◆ Instructions to follow
Find the word "false" in the records below. List each line containing it.
━━ Data supplied ━━
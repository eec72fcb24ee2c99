-- ===== src/EventStore/SaveLoad.antt =====
-- Saving a new wallet and loading it again: wallet_command_repo.py over event_store_repo.py, with
-- the aggregate's methods in between.
use microservice_wallet_serv.Base.{
  ℕ, ◌+◌, ◌≡◌, refl, sym, ◌∙◌, ap, inl, inr, true, Option, some, List, [], ◌∷◌, ◌++◌, append_assoc,
  append-nil, length, arith, Bool-cases,
}
use microservice_wallet_serv.Base.Text.{Text, is_truthy, strip, upper}
use microservice_wallet_serv.Errors.{Uuid, ok, err}
use microservice_wallet_serv.Errors.Exec.{pure, bind_ok}
use microservice_wallet_serv.Event.{WalletEvent, created}
use mathlib.Core.Option.{get_or}
use microservice_wallet_serv.Event.Serial.{Fresh}
use microservice_wallet_serv.Aggregate
use microservice_wallet_serv.Aggregate.{
  WalletStatus, WalletAggregate, new_aggregate, new_event, when, handler, apply, pop_events,
}
use microservice_wallet_serv.Aggregate.Request.{Operation}
use microservice_wallet_serv.Aggregate.Operations.{perform}
use microservice_wallet_serv.Aggregate.Guards.{perform_outcome, event_body}
use microservice_wallet_serv.Aggregate.Lifecycle.{perform_all}
use microservice_wallet_serv.Aggregate.Replay.{
  replay, settled, IsLive, handler_keeps, apply-IsLive, perform_all-IsLive,
}
use microservice_wallet_serv.EventStore.{stream, order_by_version}
use microservice_wallet_serv.EventStore.Append.{Env, Call, Database, append}
use microservice_wallet_serv.EventStore.Stored.{stored_rows, append_stores}
use microservice_wallet_serv.EventStore.Load.{initial, load_rows}
use microservice_wallet_serv.EventStore.Rows.{
  stream-append, stream-stored_rows, order-stored_rows, decode_row-stored_row,
  rehydrate-stored_rows, last_version-stored_rows,
}
use microservice_wallet_serv.EventStore.CommandRepo
use microservice_wallet_serv.EventStore.CommandRepo.{
  wallet_type, load, save_call, save_events, save,
}

module _ (env : Env) where
  load_rows-stored_rows :
      (call : Call) (id : Uuid) (v : ℕ) (e : WalletEvent) (es : List WalletEvent)
      (start : WalletAggregate)
      → initial env.codec env.fresh e e.body ≡ ok start
      → load_rows env.codec env.fresh id (stored_rows env call v (e ∷ es))
        ≡ ok (record (replay start (e ∷ es)) { version = v + length (e ∷ es) })
  unfolding load_rows stored_rows replay
  load_rows-stored_rows call id v e es start h =
      rw (decode_row-stored_row env call env.fresh (v + 1) e, h)
        (rw
          (
            rehydrate-stored_rows env call env.fresh (v + 1) es (when e start),
            last_version-stored_rows env call v e es,
          )
          refl)

  -- what a save of events leaves to the loads of the same wallet
  save_events_loads :
      (a : WalletAggregate) (e : WalletEvent) (es : List WalletEvent) (db : Database)
      (start : WalletAggregate) {saved : WalletAggregate}
      → initial env.codec env.fresh e e.body ≡ ok start
      → stream a.wallet_id wallet_type db.events ≡ []
      → (save_events env a (e ∷ es) db).0 ≡ ok saved
      → ((load env a.wallet_id (save_events env a (e ∷ es) db).1).0
          ≡ ok (record (replay start (e ∷ es)) { version = saved.version }))
        × (saved.version ≡ a.version + length (e ∷ es))
  unfolding save_events load
  save_events_loads a e es db start {saved} h empty stored =
      let call = save_call env a e in
      let (_, first, run) =
        bind_ok (append env call (e ∷ es))
          (λ _. pure (record a { version = a.version + length (e ∷ es) })) db stored in
      let counted =
        ap (λ r. elim r [ ok b ↦ b.version | err _ ↦ 0 ]) (sym stored ∙ ap (λ p. p.0) run) in
      let rows : stream a.wallet_id wallet_type (append env call (e ∷ es) db).1.events
          ≡ stored_rows env call a.version (e ∷ es) =
        ap (stream a.wallet_id wallet_type) (append_stores env call (e ∷ es) db first).0
        ∙ stream-append a.wallet_id wallet_type db.events (stored_rows env call a.version (e ∷ es))
        ∙ rw empty (stream-stored_rows env call a.version (e ∷ es)) in
      (
        ap
              (λ p.
                load_rows env.codec env.fresh a.wallet_id
                  (order_by_version (stream a.wallet_id wallet_type p.1.events)))
              run
            ∙ ap (λ xs. load_rows env.codec env.fresh a.wallet_id (order_by_version xs)) rows
            ∙ ap (load_rows env.codec env.fresh a.wallet_id)
                (order-stored_rows env call a.version (e ∷ es))
            ∙ load_rows-stored_rows call a.wallet_id a.version e es start h
            ∙ ap (λ v. ok (record (replay start (e ∷ es)) { version = v })) (sym counted),
        counted,
      )

-- one call adds to the events, or leaves them
perform-extends :
    (fresh : Fresh) (op : Operation) (a : WalletAggregate)
    → (rest : List WalletEvent) × ((perform fresh op a).1.uncommitted_events
        ≡ a.uncommitted_events ++ rest)
unfolding apply when new_event
perform-extends fresh op a = elim (perform_outcome fresh op a) [
  | inl same ↦ ([], ap (λ b. b.uncommitted_events) same ∙ sym (append-nil a.uncommitted_events))
  | inr applied ↦ (
    new_event fresh a (event_body op a) ∷ [],
    rw applied
        (rw (handler_keeps (new_event fresh a (event_body op a)) (event_body op a) a).0 refl),
  )
]

perform_all-extends :
    (calls : List (Fresh × Operation)) (a : WalletAggregate)
    → (rest : List WalletEvent) × ((perform_all calls a).uncommitted_events
        ≡ a.uncommitted_events ++ rest)
unfolding perform_all
perform_all-extends [] a = ([], sym (append-nil _))
perform_all-extends ((fresh, op) ∷ calls) a =
    let (first, h) = perform-extends fresh op a in
    let (later, k) = perform_all-extends calls (perform fresh op a).1 in
    (first ++ later, k ∙ ap (λ xs. xs ++ later) h ∙ append_assoc a.uncommitted_events first later)

-- the aggregate that the constructor makes
abbrev blank : ℕ → Uuid → Uuid → Text → WalletAggregate
blank now wallet user currency = record {
  wallet_id = wallet;
  user_id = user;
  currency = currency;
  status = WalletStatus.active;
  created_at = now;
  updated_at = now;
  version = 0;
  uncommitted_events = [];
}

abbrev creation : Fresh → Uuid → Uuid → Text → WalletEvent
creation fresh wallet user currency =
    new_event fresh (blank fresh.now wallet user currency) (created currency)

create_ok :
    (fresh : Fresh) (generated user : Uuid) (currency : Text) (wallet : Option Uuid)
    {a : WalletAggregate}
    → Aggregate.create fresh generated (some user) currency wallet ≡ ok a
    → (is_truthy (strip (upper currency)) ≡ true)
      × (a
          ≡ apply
              (creation fresh (get_or wallet generated) user (upper currency))
              (blank fresh.now (get_or wallet generated) user (upper currency)))
unfolding Aggregate.create new_aggregate
create_ok fresh generated user currency wallet h =
    elim (Bool-cases (is_truthy (strip (upper currency)))) [
      | inl solid ↦ (solid, ground arith)
      | inr empty ↦ absurd (ground arith)
    ]

module _ (env : Env) where
  -- a save, by the events that the aggregate holds
  save_loads :
      (b : WalletAggregate) (e : WalletEvent) (es : List WalletEvent) (db : Database)
      (start : WalletAggregate) {saved : WalletAggregate}
      → b.uncommitted_events ≡ e ∷ es
      → initial env.codec env.fresh e e.body ≡ ok start
      → stream b.wallet_id wallet_type db.events ≡ []
      → (CommandRepo.create env b db).0 ≡ ok saved
      → ((load env b.wallet_id (CommandRepo.create env b db).1).0
          ≡ ok (record (replay start (e ∷ es)) { version = saved.version }))
        × (saved.version ≡ b.version + length (e ∷ es))
  unfolding CommandRepo.create save pop_events
  save_loads b e es db start held h empty stored =
      let run = ap (λ xs. save_events env (record b { uncommitted_events = [] }) xs db) held in
      let (loaded, counted) =
        save_events_loads env (record b { uncommitted_events = [] }) e es db start h empty
          (ap (λ p. p.0) (sym run) ∙ stored) in
      (ap (λ p. (load env b.wallet_id p.1).0) run ∙ loaded, counted)

  -- A wallet is created, any methods are called on it, whether they raise or not, and it is saved
  -- where the store has no events of its id. If the save goes through, `load` of the id gives the
  -- aggregate as it was saved, with nothing uncommitted, at the version that the save reports. That
  -- version is twice the aggregate's own.
  pub create_save_load :
      (fresh : Fresh) (generated user : Uuid) (currency : Text) (wallet : Option Uuid)
      (calls : List (Fresh × Operation)) (db : Database) {a saved : WalletAggregate}
      → Aggregate.create fresh generated (some user) currency wallet ≡ ok a
      → stream (perform_all calls a).wallet_id wallet_type db.events ≡ []
      → (CommandRepo.create env (perform_all calls a) db).0 ≡ ok saved
      → let b = perform_all calls a in
        ((load env b.wallet_id (CommandRepo.create env b db).1).0 ≡ ok (settled b saved.version))
        × (saved.version ≡ b.version + b.version)
  unfolding initial new_aggregate replay when handler new_event
  create_save_load fresh generated user currency wallet calls db {a} {saved} h empty stored =
      let w = get_or wallet generated in
      let c = upper currency in
      let e = creation fresh w user c in
      let a0 = blank fresh.now w user c in
      let b = perform_all calls a in
      let (solid, made) = create_ok fresh generated user currency wallet h in
      let live : IsLive a0 b =
        perform_all-IsLive calls
          (rw made (apply-IsLive e (record { rebuilt = refl; counted = omega arith }))) in
      let (rest, grown) = perform_all-extends calls a in
      let first : a.uncommitted_events ≡ e ∷ [] = rw made (unfold apply in refl) in
      let held : b.uncommitted_events ≡ e ∷ rest = grown ∙ ap (λ xs. xs ++ rest) first in
      let start = blank env.fresh.now w user c in
      let (loaded, counted) = save_loads b e rest db start held (rw solid refl) empty stored in
      let rebuilt : replay start (e ∷ rest) ≡ settled b 0 =
        ap (replay a0) (sym held) ∙ live.rebuilt in
      (
        loaded ∙ ap {A = WalletAggregate} (λ x. ok (record x { version = saved.version })) rebuilt,
        omega (arith, counted, live.counted, ap length held),
      )
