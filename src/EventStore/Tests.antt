-- ===== src/EventStore/Tests.antt =====
-- The event store's theorems at a concrete wallet, in an empty database.
use mathlib.Core.List.{map}
use microservice_wallet_serv.Base.{◌+◌, ◌≡◌, ◌⊎◌, refl, false, none, some, List, [], ◌∷◌}
use microservice_wallet_serv.Base.Int.{negsuc}
use microservice_wallet_serv.Base.Text.{text, upper, strip, same_text}
use microservice_wallet_serv.Errors.{PyError, ok, err, optimistic_concurrency}
use microservice_wallet_serv.Decimal.{finite, le_zero}
use microservice_wallet_serv.Event.{created}
use microservice_wallet_serv.Event.Json.{end}
use microservice_wallet_serv.Event.Serial.{Fresh}
use microservice_wallet_serv.Event.Samples.{sample_codec, sample_fresh, adjustment_event}
use microservice_wallet_serv.Aggregate
use microservice_wallet_serv.Aggregate.{WalletStatus, WalletAggregate}
use microservice_wallet_serv.Aggregate.Request.{Operation}
use microservice_wallet_serv.Aggregate.Operations.{perform}
use microservice_wallet_serv.Aggregate.Lifecycle.{perform_all}
use microservice_wallet_serv.Aggregate.Replay.{settled}
use microservice_wallet_serv.EventStore
use microservice_wallet_serv.EventStore.{stream}
use microservice_wallet_serv.EventStore.Append.{
  Env, Call, Database, append, append_loop, append_event, store_event, project_in_debug, stored_row,
  outbox_event,
}
use microservice_wallet_serv.EventStore.Stored.{stored_rows, messages, append_all_or_nothing}
use microservice_wallet_serv.EventStore.Concurrency.{second_writer_refused}
use microservice_wallet_serv.EventStore.CommandRepo
use microservice_wallet_serv.EventStore.CommandRepo.{wallet_type, load, save, save_events}
use microservice_wallet_serv.EventStore.SaveLoad.{create_save_load}
use microservice_wallet_serv.Outbox

abbrev env : Env
env = record {
  debug = false;
  codec = sample_codec;
  row_stamp = λ v. record { new_id = 100 + v; now = 30 };
  outbox_stamp = λ v. record { new_id = 200 + v; now = 30 };
  fresh = sample_fresh;
}

abbrev nothing : Database
nothing = record { events = []; outbox = []; read = record { wallets = []; projection = none } }

abbrev first_call : Call
first_call = record {
  aggregate_id = 7;
  aggregate_type = wallet_type;
  expected_version = 1;
  metadata = end;
}

append_all_or_nothing_example :
    let (r, db') = append env first_call (adjustment_event ∷ []) nothing in
    ((r ≡ ok tt)
      × (db'.events ≡ stored_rows env first_call 1 (adjustment_event ∷ []))
      × (map (λ r. r.event) db'.outbox ≡ messages env first_call 1 (adjustment_event ∷ [])))
    ⊎ ((x : PyError) × (r ≡ err x) × (db' ≡ nothing))
append_all_or_nothing_example = append_all_or_nothing env first_call (adjustment_event ∷ []) nothing

append_accepts : (append env first_call (adjustment_event ∷ []) nothing).0 ≡ ok tt
unfolding append append_loop append_event store_event project_in_debug stored_row outbox_event
    EventStore.create_row EventStore.conflicts Outbox.save Outbox.save_once Outbox.create_row
    Outbox.conflicts Outbox.latest_version
append_accepts = refl

-- the second writer's rows take other ids and times
abbrev later : Env
later = record env {
  row_stamp = λ v. record { new_id = 700 + v; now = 3000 };
  outbox_stamp = λ v. record { new_id = 800 + v; now = 3000 };
}

second_writer_refused_example :
    let db' = (append env first_call (adjustment_event ∷ []) nothing).1 in
    append later first_call (adjustment_event ∷ []) db' ≡ (err (optimistic_concurrency 7 1 2), db')
second_writer_refused_example =
    second_writer_refused env later first_call first_call adjustment_event adjustment_event [] []
      nothing refl refl append_accepts

abbrev taken : Database
taken = record nothing { events = stored_rows env first_call 1 (adjustment_event ∷ []) }

-- the wallet that `create` makes, in dollars
abbrev made : WalletAggregate
made = record {
  wallet_id = 7;
  user_id = 3;
  currency = text "USD";
  status = WalletStatus.active;
  created_at = 1000;
  updated_at = 1000;
  version = 1;
  uncommitted_events =
      (record {
        meta = record {
          event_id = 900;
          occurred_at = 1000;
          schema_version = 1;
          wallet_id = 7;
          user_id = 3;
        };
        body = created (text "USD");
      })
      ∷ [];
}

abbrev calls : List (Fresh × Operation)
calls =
    (sample_fresh, Operation.deposit (finite false 1250 (negsuc 1)) none)
    ∷ (sample_fresh, Operation.suspend)
    ∷ []

abbrev saved : WalletAggregate
saved = record made { status = WalletStatus.suspended; version = 6; uncommitted_events = [] }

made_ok : Aggregate.create sample_fresh 7 (some 3) (text "usd") none ≡ ok made
unfolding Aggregate.create Aggregate.new_aggregate Aggregate.apply Aggregate.when Aggregate.handler
    Aggregate.new_event upper strip
made_ok = refl

saved_ok : (CommandRepo.create env (perform_all calls made) nothing).0 ≡ ok saved
unfolding perform_all perform le_zero upper same_text Aggregate.apply Aggregate.when
    Aggregate.handler Aggregate.new_event CommandRepo.create save save_events Aggregate.pop_events
    append append_loop append_event store_event project_in_debug stored_row outbox_event
    EventStore.create_row EventStore.conflicts Outbox.save Outbox.save_once Outbox.create_row
    Outbox.conflicts Outbox.latest_version
saved_ok = refl

create_save_load_example :
    let b = perform_all calls made in
    ((load env b.wallet_id (CommandRepo.create env b nothing).1).0 ≡ ok (settled b 6))
    × (6 ≡ b.version + b.version)
unfolding stream
create_save_load_example =
    create_save_load env sample_fresh 7 3 (text "usd") none calls nothing made_ok refl saved_ok
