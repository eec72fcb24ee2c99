-- ===== src/Queries.antt =====
-- The query side: infrastructure/repos/wallet/wallet_query_repo.py and
-- application/wallet/services/wallet_query_services.py. Queries read the table of wallets; other
-- failures of the database are not modelled.
pub mod Owner
pub mod Answers
mod Tests
use microservice_wallet_serv.Base.{
  ℕ, Bool, true, false, Option, none, some, List, [], ◌∷◌, ◌==◌, if◌then◌else◌,
}
use microservice_wallet_serv.Base.Int.{ℤ}
use microservice_wallet_serv.Base.Text.{Text}
use microservice_wallet_serv.Base.Dict.{Dict, lookup}
use microservice_wallet_serv.Errors.{
  Uuid, PyError, Result, ok, err, value_error, runtime_error, wallet_not_found, is_wallet_not_found,
  ◌>>=◌,
}
use microservice_wallet_serv.ReadModel.{WalletRow}

-- `WalletView` of domain/apps/wallet/models.py
pub record WalletView : Type 0 where
  pub wallet_id : Uuid
  pub user_id : Uuid
  pub balance : ℤ
  pub currency : Text
  pub status : Text
  pub created_at : ℕ
  pub updated_at : ℕ

unfoldable pub view : Uuid → WalletRow → WalletView
view id row = record {
  wallet_id = id;
  user_id = row.user_id;
  balance = row.balance;
  currency = row.currency;
  status = row.status;
  created_at = row.created_at;
  updated_at = row.updated_at;
}

-- `by_id`; a primary key has one row at most
unfoldable pub by_id : Uuid → Dict WalletRow → Result WalletView
unfolding view lookup
by_id id rows = elim (lookup id rows) [
  | some row ↦ ok (view id row)
  | none ↦ err (wallet_not_found (some id) none)
]

-- `filter(user_id=…)`
unfoldable pub of_user : Uuid → Dict WalletRow → List WalletView
unfolding view
of_user user [] = []
of_user user ((id, row) ∷ rows) =
    if row.user_id == user then view id row ∷ of_user user rows else of_user user rows

-- `objects.get`: one row, or an exception
unfoldable pub the_one : Uuid → List WalletView → Result WalletView
the_one user [] = err (wallet_not_found none (some user))
the_one user (v ∷ []) = ok v
the_one user (v ∷ w ∷ vs) = err (runtime_error "multiple wallets exist for user")

-- `by_user_id`
unfoldable pub by_user_id : Uuid → Dict WalletRow → Result WalletView
unfolding of_user the_one
by_user_id user rows = the_one user (of_user user rows)

-- `get_balance`
unfoldable pub get_balance : Uuid → Dict WalletRow → Result ℤ
unfolding lookup
get_balance id rows = elim (lookup id rows) [
  | some row ↦ ok row.balance
  | none ↦ err (wallet_not_found (some id) none)
]

-- `exists`
unfoldable pub exists : Uuid → Dict WalletRow → Bool
unfolding lookup
exists id rows = elim (lookup id rows) [ some _ ↦ true | none ↦ false ]

-- `except WalletNotFoundError: raise`, then `except Exception: raise WalletNotFoundError(…)`
unfoldable pub or_not_found : {A : Type 0} → PyError → Result A → Result A
or_not_found e (ok a) = ok a
or_not_found e (err x) = if is_wallet_not_found x then err x else err e

unfoldable pub given : {A : Type 0} → PyError → Option A → Result A
given e none = err e
given e (some a) = ok a

-- `get_wallet` of the query service
unfoldable pub get_wallet : Option Uuid → Dict WalletRow → Result WalletView
unfolding given or_not_found by_id
get_wallet wallet rows = do
  id ← given (value_error "wallet_id is required") wallet
  or_not_found (wallet_not_found (some id) none) (by_id id rows)

-- `get_wallet_by_user`
unfoldable pub get_wallet_by_user : Option Uuid → Dict WalletRow → Result WalletView
unfolding given or_not_found by_user_id
get_wallet_by_user user rows = do
  id ← given (value_error "user_id is required") user
  or_not_found (wallet_not_found none (some id)) (by_user_id id rows)

-- `get_wallet_balance`
unfoldable pub get_wallet_balance : Option Uuid → Dict WalletRow → Result ℤ
unfolding given or_not_found get_balance
get_wallet_balance wallet rows = do
  id ← given (value_error "wallet_id is required") wallet
  or_not_found (wallet_not_found (some id) none) (get_balance id rows)

-- `wallet_exists`
unfoldable pub wallet_exists : Option Uuid → Dict WalletRow → Result Bool
unfolding given exists
wallet_exists wallet rows = do
  id ← given (value_error "wallet_id is required") wallet
  ok (exists id rows)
━━━
◆ Your response
use microservice_wallet_serv.Base.{◌+◌, ◌≡◌, ◌⊎◌, refl, false, none, some, List, [], ◌∷◌}
  debug = false;
    (sample_fresh, Operation.deposit (finite false 1250 (negsuc 1)) none)
  ℕ, Bool, true, false, Option, none, some, List, [], ◌∷◌, ◌==◌, if◌then◌else◌,
exists id rows = elim (lookup id rows) [ some _ ↦ true | none ↦ false ]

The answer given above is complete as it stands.